One thing cowboys are noted for is their poetry. Perhaps this is due to the
loneliness of ranch life -- I can vouch for this since I spent a couple of
years living on a small ranch a few miles outside Noplace, Arkansas which is
about ten miles outside Plumb Lost -- but for many many years The Western
Horseman has published poetry and today there are many cowboy poetry get
togethers in different areas of the US. The best known cowboy poet these
days is Baxter Black but in earlier days there were Curly, of course,
Haywire Mac McClintock, Badger Clark, D.J. O'Malley, Romaine Loudermilk and
many others including if you want to Owen Wister the author of The Virginian
who wrote 10,000 Cattle Straying.

By the way Curly Fletcher's best known poem/song is The Strawberry Roan
which he himself parodied as The Castration of The Strawberry Roan so
according to legend he could do it before somebody else did.
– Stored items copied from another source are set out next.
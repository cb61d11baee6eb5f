-- ===== src/Fs/Path/Parent.antt =====
-- dir_namev returns the directory to which all components of a path but the last lead.
use weenix_kernel.Base.{
  ℕ, ◌≡◌, ◌≤◌, refl, true, Option, none, some, List, [], ◌∷◌, leb, length, arith,
}
use weenix_kernel.Base.Members.{unsnoc_onto}
use weenix_kernel.Base.Outcome.{ok, Ends, Ends-bind, Ends-mono}
use weenix_kernel.Fs.Names.{Name, Names, NameOps, Laws, Same, took}
use weenix_kernel.Fs.Path.{
  take, strstr, components, split_after, skip_slash, start, Place, Res, good, bad, walk, placed,
  go_to, dir_namev,
}
use weenix_kernel.Fs.Path.Split.{strstr-path}
use weenix_kernel.Fs.Path.Resolve.{follow, Followed, walk-first}

-- A path has text behind its first slash, or memory behind it starts with a NUL; and it has at most
-- 49 slashes behind the first.
abbrev pub IsFit : Name → Name → Type 0
IsFit beyond path =
    (skip_slash path ≡ [] → beyond ≡ []) × (length (components beyond (skip_slash path)).1 ≤ 49)

abbrev pub leading_of : Name → Name → List Name
leading_of beyond path =
    let parts = components beyond (skip_slash path) in (unsnoc_onto parts.0 parts.1).0

abbrev pub last_of : Name → Name → Name
last_of beyond path =
    let parts = components beyond (skip_slash path) in (unsnoc_onto parts.0 parts.1).1

-- The name and length of a place are those of a component.
abbrev pub IsNameOf : Name → Place → Type 0
IsNameOf last p =
    (found : Name) × (p.name ≡ some found) × (p.len ≡ length last) × (take p.len found ≡ last)

-- Only a path without text has an empty first component.
components-empty :
    (beyond rest : Name)
    → (rest ≡ [] → beyond ≡ [])
    → (components beyond rest).0 ≡ []
    → (components beyond rest).1 ≡ []
unfolding components split_after
components-empty beyond [] h e = rw (h refl) refl
components-empty beyond (c ∷ r) h e = cc e

module _ (ops : NameOps) where
  abbrev pub Resolved : Names → Option ℕ → Name → Res Place × Names → Type 0
  Resolved s o last (good p, s') = (o ≡ some p.parent) × IsNameOf last p × Same (took p.parent s) s'
  Resolved s o last (bad e, s') = (o ≡ none) × Same s s'

  -- And the pointer is to the first place in the path where the last component stands.
  abbrev Pointed : Name → Name → Res Place × Names → Type 0
  Pointed path last (good p, s') = p.name ≡ strstr path last
  Pointed path last (bad e, s') = Unit {0}

  abbrev pub Located : Name → Names → Option ℕ → Name → Res Place × Names → Type 0
  Located path s o last r = Resolved s o last r × Pointed path last r

  module _ (laws : Laws ops) where
    placed-Located :
        (path last found : Name) (s : Names) (o : Option ℕ) (r : Res ℕ × Names)
        → strstr path last ≡ some found
        → take (length last) found ≡ last
        → Followed ops laws s o r
        → Located path s o last (placed path last r)
    placed-Located path last found s o (good v, s') at same h =
        ((h.0, (found, at, refl, same), h.1), refl)
    placed-Located path last found s o (bad e, s') at same h = (h, tt)

    go_to-Located :
        (path found first : Name) (more : List Name) (d : ℕ) (s : Names)
        → (first ≡ [] → more ≡ [])
        → let (leading, last) = unsnoc_onto first more in
          strstr path last ≡ some found
          → take (length last) found ≡ last
          → Ends (Located path s (follow ops s d leading) last) (go_to ops path d first more s)
    unfolding go_to unsnoc_onto follow
    go_to-Located path found first [] d s h at same =
        rw (laws.vref_lem d s)
          ((refl, (found, at, refl, same), ((λ u. refl), refl, refl, refl, refl)), refl)
    go_to-Located path found [] (m ∷ more) d s h at same = cc (h refl)
    go_to-Located path found (c ∷ n) (m ∷ more) d s h at same =
        let (leading, last) = unsnoc_onto m more in
        Ends-bind (Followed ops laws s (follow ops s d ((c ∷ n) ∷ leading))) _
          (walk ops ((c ∷ n) ∷ leading) d none s) (λ r. ok (placed path last r))
          (walk-first ops laws c n leading d s)
          (λ r f. placed-Located path last found s _ r at same f)

    pub dir_namev-Located :
        (beyond path : Name) (base : Option ℕ) (s : Names)
        → IsFit beyond path
        → Ends
            (Located path s
              (follow ops s (start path base s) (leading_of beyond path))
              (last_of beyond path))
            (dir_namev ops beyond path base s)
    unfolding dir_namev
    dir_namev-Located beyond path base s (h, k) =
        let (found, at, same) = strstr-path beyond path h in
        let fits : leb (length (components beyond (skip_slash path)).1) 49 ≡ true = ground arith in
        rw fits (
          go_to-Located path found (components beyond (skip_slash path)).0
            (components beyond (skip_slash path)).1 (start path base s) s
            (components-empty beyond (skip_slash path) h) at same)

    -- dir_namev ends without panic where a path is fit. It follows the entries of all components
    -- but the last from the root, the base or the working directory, and returns where they lead, with
    -- one more reference to it, and a pointer to the last component with its length; no other
    -- reference, entry or vnode changes. It fails exactly if a component has no entry or leads to no
    -- directory, and then leaves every reference as it was.
    pub dir_namev-Resolved :
        (beyond path : Name) (base : Option ℕ) (s : Names)
        → IsFit beyond path
        → Ends
            (Resolved s
              (follow ops s (start path base s) (leading_of beyond path))
              (last_of beyond path))
            (dir_namev ops beyond path base s)
    dir_namev-Resolved beyond path base s fit =
        let o = follow ops s (start path base s) (leading_of beyond path) in
        let last = last_of beyond path in
        Ends-mono (Located path s o last) (Resolved s o last) (dir_namev ops beyond path base s)
          (λ r h. h.0) (dir_namev-Located beyond path base s fit)
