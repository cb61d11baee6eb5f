-- ===== src/Fs/Open/Opens.antt =====
-- do_open on every branch.
use weenix_kernel.Base.{ℕ, ◌<◌, ◌≡◌, true, false, ◌&&◌, Option, some, ◌==◌, length, ◌⊎◌}
use weenix_kernel.Base.Int.{pos}
use weenix_kernel.Fs.Layer.{Ret, ret, err, einval, eisdir, enametoolong, update}
use weenix_kernel.Fs.Calls.{is_directory}
use weenix_kernel.Fs.Names.{Name, Names, NameOps, Keeps}
use weenix_kernel.Fs.Path.{good, bad}
use weenix_kernel.Fs.Path.Open.{slash_follows, Opened}
use weenix_kernel.Fs.Open.{Flags, World, mode_of, writing}

-- No descriptor changes, and no file but `f`.
abbrev pub Untouched : ℕ → World → World → Type 0
Untouched f w w' =
    ((d : ℕ) → w'.fs.fds d ≡ w.fs.fds d)
    × ((u : ℕ) → (f == u) ≡ false → w'.fs.files u ≡ w.fs.files u)

module _ (name_len : ℕ) (ops : NameOps) where
  -- What do_open returns and leaves, with the file `f` and the descriptor `d`; the directory of the
  -- last component is `o`.
  abbrev pub Opens : Names → Option ℕ → Name → Name → Flags → ℕ → ℕ → World → Ret × World → Type 0
  Opens n o path last flags f d w (err e, w') =
      Untouched f w w'
      × (((flags.access ≡ 3) × (e ≡ einval) × (w' ≡ w))
          ⊎ ((name_len < length path) × (e ≡ enametoolong) × (w' ≡ w))
          ⊎ Opened ops n flags.creates (slash_follows path last) o last (bad e, w'.names)
          ⊎ ((e ≡ eisdir)
              × (writing flags ≡ true)
              × ((v : ℕ) × (t : Names) × Opened ops n flags.creates (slash_follows path last) o last
                    (good v, t)
                  × (is_directory (t.kind v) ≡ true))
              × Keeps n w'.names))
  Opens n o path last flags f d w (ret z, w') =
      (z ≡ pos d)
      × ((x : ℕ) → w'.fs.fds x ≡ update w.fs.fds d (some f) x)
      × ((u : ℕ) → (f == u) ≡ false → w'.fs.files u ≡ w.fs.files u)
      × (w'.has_vnode f ≡ true)
      × ((v : ℕ) × (w'.fs.files f
            ≡ record { mode = mode_of flags; position = pos 0; vnode = v; refcount = 1 })
          × Opened ops n flags.creates (slash_follows path last) o last (good v, w'.names)
          × ((is_directory (w'.names.kind v) && writing flags) ≡ false))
The difference between the two versions can be summarized in comparing the
first four lines of each:

I was standing around just a spending my time.
Nothing else to spend not even a dime.
When a fellow comes up and he says I suppose
That you're a bronk rider by the looks of your clothes.

as opposed to:

I was hanging around in a house of ill fame.
Laid up with a twist of a hustling dame
When a hop headed pig with his nose full of coke
Beat me out of my whore and left me stone broke.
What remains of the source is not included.